## Your assignment
What you return must be an exact copy of the lines in the listing below between the line holding "Text → Client → Text → Text → List" and the line holding "let opened = open_stream", inclusive, and nothing more.

## Records for this task
--------------------

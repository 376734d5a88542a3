-- ===== src/Client/Stream.antt =====
-- `findMatch` of gameClient.js through the generated service client: the call that it makes, and
-- its promise over the messages as the library brings them.
use hax_war.Base.{ℕ, ◌≡◌, refl, ap, ◌∙◌, false, none, List, [], ◌∷◌, ◌++◌, Text, txt, map, arith}
use hax_war.Base.Int.{pos}
use hax_war.Matchmaking.{Wire, IsFaithful, IsInt32}
use hax_war.Matchmaking.Queue.{join_queue_request-roundtrip}
use hax_war.Matchmaking.Updates.{matchmaking_update-roundtrip}
use hax_war.Matchmaking.Binary.{
  deserialize_binary_join_queue_request, serialize_binary_matchmaking_update,
}
use hax_war.Matchmaking.Binary.Through.{
  join_queue_request-through_bytes, matchmaking_update-through_bytes,
}
use hax_war.Matchmaking.Service.{Call, Reaches, join_queue, join_queue_method, new_service_client}
use hax_war.Matchmaking.Hostname.{slashes, ends_with_slash, strip_slashes_lem}
use hax_war.Client.{Client}
use hax_war.Client.Matchmaking.{
  StreamEvent, update, error, Promise, pending, begin_match, name_or, await_match, first_outcome,
  await_match-first,
}

module _ (w : Wire) where
  -- What comes in: the bytes of a message, or a failure.
  pub data Incoming : Type 0 where
    message : w.Bytes → Incoming
    failure : Text → Incoming

  -- The library decodes a message with the method's descriptor.
  unfoldable pub incoming : Incoming → StreamEvent
  incoming (message bytes) = update ((join_queue_method w).decode bytes)
  incoming (failure e) = error e

  -- The client and the call, up to `client.joinQueue(request)`.
  unfoldable pub open_stream : Text → Client → Text → Text → Client × Call w
  unfolding begin_match new_service_client join_queue
  open_stream origin c name random =
      let begun = begin_match c name random in
      (begun.0, join_queue w (new_service_client origin) begun.1 none)

  -- The whole of `findMatch`.
  unfoldable pub find_match :
      Text → Client → Text → Text → List Incoming → Call w × (Client × Promise)
  unfolding open_stream incoming await_match
  find_match origin c name random received =
      let opened = open_stream origin c name random in
      (opened.1, await_match (opened.0, pending) (map incoming received))

  -- A server that writes its updates with the same descriptor.
  abbrev pub sends : StreamEvent → Incoming
  sends (update u) = message (serialize_binary_matchmaking_update w u)
  sends (error e) = failure e

-- The numbers of the updates have 32 bits.
abbrev pub AreInt32 : List StreamEvent → Type 0
AreInt32 [] = Unit {0}
AreInt32 (update u ∷ es) =
    (IsInt32 u.status × IsInt32 u.queue_position × IsInt32 u.estimated_wait_seconds) × AreInt32 es
AreInt32 (error e ∷ es) = AreInt32 es

module _ {w : Wire} (ok : IsFaithful w) where
  incoming-sends : (es : List StreamEvent) → AreInt32 es → map (incoming w) (map (sends w) es) ≡ es
  unfolding incoming
  incoming-sends [] h = refl
  incoming-sends (update u ∷ es) ((hs, hq, he), h) =
      ap (λ v. update v ∷ map (incoming w) (map (sends w) es))
        (matchmaking_update-through_bytes ok (matchmaking_update-roundtrip ok u hs hq he))
      ∙ ap (◌∷◌ (update u)) (incoming-sends es h)
  incoming-sends (error e ∷ es) h = ap (◌∷◌ (error e)) (incoming-sends es h)

  -- A search calls JoinQueue at the origin of the page; a server whose wire reads back what was
  -- written finds the name of the player in the request, or the random name if it is empty, and
  -- the rating 1500. If the server sends updates whose numbers have 32 bits, and perhaps a failure,
  -- then the promise is settled by the first match or failure that it sent, and by nothing else.
  pub find_match-Served :
      (origin : Text) (n : ℕ) (c : Client) (name random : Text) (es : List StreamEvent)
      → ends_with_slash origin ≡ false
      → AreInt32 es
      → let found = find_match w (origin ++ slashes n) c name random (map (sends w) es) in
        Reaches
          (origin ++ txt "/matchmaking.MatchmakingService/JoinQueue")
          (deserialize_binary_join_queue_request w)
          (record { player_id = name_or name random; rating = pos 1500 })
          found.0
        × (found.1.1 ≡ first_outcome es)
  unfolding find_match join_queue new_service_client begin_match
  find_match-Served origin n c name random es plain h =
      let client : Client = (begin_match c name random).0 in
      let at =
        ap (λ t. t ++ txt "/matchmaking.MatchmakingService/JoinQueue")
          (strip_slashes_lem origin n plain) in
      (
        record {
          addressed = at;
          understood =
              join_queue_request-through_bytes ok (join_queue_request-roundtrip ok _ (omega arith));
        },
        ap (λ es. (await_match (client, pending) es).1) (incoming-sends es h)
            ∙ await_match-first client es,
      )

--------------------

## Result
      Text → Client → Text → Text → List Incoming → Call w × (Client × Promise)
  unfolding open_stream incoming await_match
  find_match origin c name random received =
      let opened = open_stream origin c name random in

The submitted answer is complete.